▸ **Task details**:
Nothing below is to be printed except the lines between the line holding "catch blocks around" and the line holding "finance assignee) and", inclusive, each exactly as it appears.

▸ **Input material**:
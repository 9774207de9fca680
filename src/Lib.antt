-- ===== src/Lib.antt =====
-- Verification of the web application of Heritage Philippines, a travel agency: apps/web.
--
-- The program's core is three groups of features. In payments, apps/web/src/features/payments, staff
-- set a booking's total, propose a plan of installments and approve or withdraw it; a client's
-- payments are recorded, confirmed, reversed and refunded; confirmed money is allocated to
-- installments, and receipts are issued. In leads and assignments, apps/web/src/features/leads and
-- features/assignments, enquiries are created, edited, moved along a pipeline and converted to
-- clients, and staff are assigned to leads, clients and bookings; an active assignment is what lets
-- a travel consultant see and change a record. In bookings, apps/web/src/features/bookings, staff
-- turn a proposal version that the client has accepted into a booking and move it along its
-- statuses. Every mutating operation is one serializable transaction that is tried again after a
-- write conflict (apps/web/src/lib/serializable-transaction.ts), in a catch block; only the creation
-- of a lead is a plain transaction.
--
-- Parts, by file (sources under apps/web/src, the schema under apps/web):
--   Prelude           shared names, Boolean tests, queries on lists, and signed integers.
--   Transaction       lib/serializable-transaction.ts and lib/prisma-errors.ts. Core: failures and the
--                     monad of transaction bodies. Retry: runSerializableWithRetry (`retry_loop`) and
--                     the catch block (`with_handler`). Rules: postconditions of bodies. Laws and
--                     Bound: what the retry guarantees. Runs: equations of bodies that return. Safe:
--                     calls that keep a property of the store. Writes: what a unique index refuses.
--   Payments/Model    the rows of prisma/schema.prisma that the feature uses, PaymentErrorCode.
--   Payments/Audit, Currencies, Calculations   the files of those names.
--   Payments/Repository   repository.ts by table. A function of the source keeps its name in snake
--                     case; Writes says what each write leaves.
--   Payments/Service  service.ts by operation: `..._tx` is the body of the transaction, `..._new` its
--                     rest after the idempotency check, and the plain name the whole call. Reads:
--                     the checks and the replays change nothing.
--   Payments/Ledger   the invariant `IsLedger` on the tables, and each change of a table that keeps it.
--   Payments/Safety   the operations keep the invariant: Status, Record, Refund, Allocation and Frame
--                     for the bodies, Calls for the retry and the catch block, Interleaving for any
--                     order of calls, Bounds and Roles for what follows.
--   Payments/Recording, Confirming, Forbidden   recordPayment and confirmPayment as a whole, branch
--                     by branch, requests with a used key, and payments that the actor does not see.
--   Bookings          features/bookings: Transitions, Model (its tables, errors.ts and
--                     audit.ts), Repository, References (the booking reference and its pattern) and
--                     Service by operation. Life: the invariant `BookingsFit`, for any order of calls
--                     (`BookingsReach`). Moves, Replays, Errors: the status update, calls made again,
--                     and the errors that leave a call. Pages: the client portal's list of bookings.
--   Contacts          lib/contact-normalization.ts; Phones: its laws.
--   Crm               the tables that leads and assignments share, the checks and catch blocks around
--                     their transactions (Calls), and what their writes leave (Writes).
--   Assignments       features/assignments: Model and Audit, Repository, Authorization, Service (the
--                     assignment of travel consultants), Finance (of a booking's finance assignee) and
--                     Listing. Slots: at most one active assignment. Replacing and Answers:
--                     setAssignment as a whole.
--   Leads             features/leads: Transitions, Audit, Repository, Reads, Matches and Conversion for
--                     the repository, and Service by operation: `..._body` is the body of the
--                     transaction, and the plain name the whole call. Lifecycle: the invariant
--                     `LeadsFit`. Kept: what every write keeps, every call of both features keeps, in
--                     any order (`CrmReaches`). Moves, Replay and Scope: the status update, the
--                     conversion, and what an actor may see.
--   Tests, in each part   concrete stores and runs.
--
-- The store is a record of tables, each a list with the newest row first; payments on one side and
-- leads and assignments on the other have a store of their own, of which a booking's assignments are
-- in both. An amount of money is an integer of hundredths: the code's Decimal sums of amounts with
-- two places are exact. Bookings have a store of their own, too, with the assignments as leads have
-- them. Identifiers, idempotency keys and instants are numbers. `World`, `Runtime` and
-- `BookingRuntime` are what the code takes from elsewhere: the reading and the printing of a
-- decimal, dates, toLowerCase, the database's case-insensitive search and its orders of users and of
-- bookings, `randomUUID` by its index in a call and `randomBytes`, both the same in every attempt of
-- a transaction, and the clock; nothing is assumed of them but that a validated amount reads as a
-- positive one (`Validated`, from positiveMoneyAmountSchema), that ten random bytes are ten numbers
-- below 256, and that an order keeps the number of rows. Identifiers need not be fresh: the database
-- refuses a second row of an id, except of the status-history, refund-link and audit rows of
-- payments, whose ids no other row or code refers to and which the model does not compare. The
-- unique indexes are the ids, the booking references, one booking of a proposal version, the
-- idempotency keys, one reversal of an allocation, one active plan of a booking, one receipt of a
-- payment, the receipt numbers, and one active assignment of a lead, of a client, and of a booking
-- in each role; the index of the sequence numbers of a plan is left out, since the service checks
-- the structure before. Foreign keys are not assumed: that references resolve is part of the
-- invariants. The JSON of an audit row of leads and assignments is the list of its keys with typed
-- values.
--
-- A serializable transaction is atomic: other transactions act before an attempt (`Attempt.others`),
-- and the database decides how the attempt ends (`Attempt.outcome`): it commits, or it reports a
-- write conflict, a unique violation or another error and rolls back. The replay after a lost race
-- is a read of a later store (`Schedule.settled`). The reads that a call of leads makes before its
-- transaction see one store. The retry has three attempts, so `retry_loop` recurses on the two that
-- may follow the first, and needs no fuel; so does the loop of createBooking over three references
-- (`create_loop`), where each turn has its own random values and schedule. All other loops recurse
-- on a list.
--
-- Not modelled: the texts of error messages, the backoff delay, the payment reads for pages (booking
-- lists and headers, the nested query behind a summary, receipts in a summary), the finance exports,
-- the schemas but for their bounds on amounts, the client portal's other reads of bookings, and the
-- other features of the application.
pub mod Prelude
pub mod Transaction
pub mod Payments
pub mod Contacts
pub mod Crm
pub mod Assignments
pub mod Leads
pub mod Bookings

▸ **Answer space**:
--   Crm               the tables that leads and assignments share, the checks and catch blocks around
--                     their transactions (Calls), and what their writes leave (Writes).
--   Assignments       features/assignments: Model and Audit, Repository, Authorization, Service (the
--                     assignment of travel consultants), Finance (of a booking's finance assignee) and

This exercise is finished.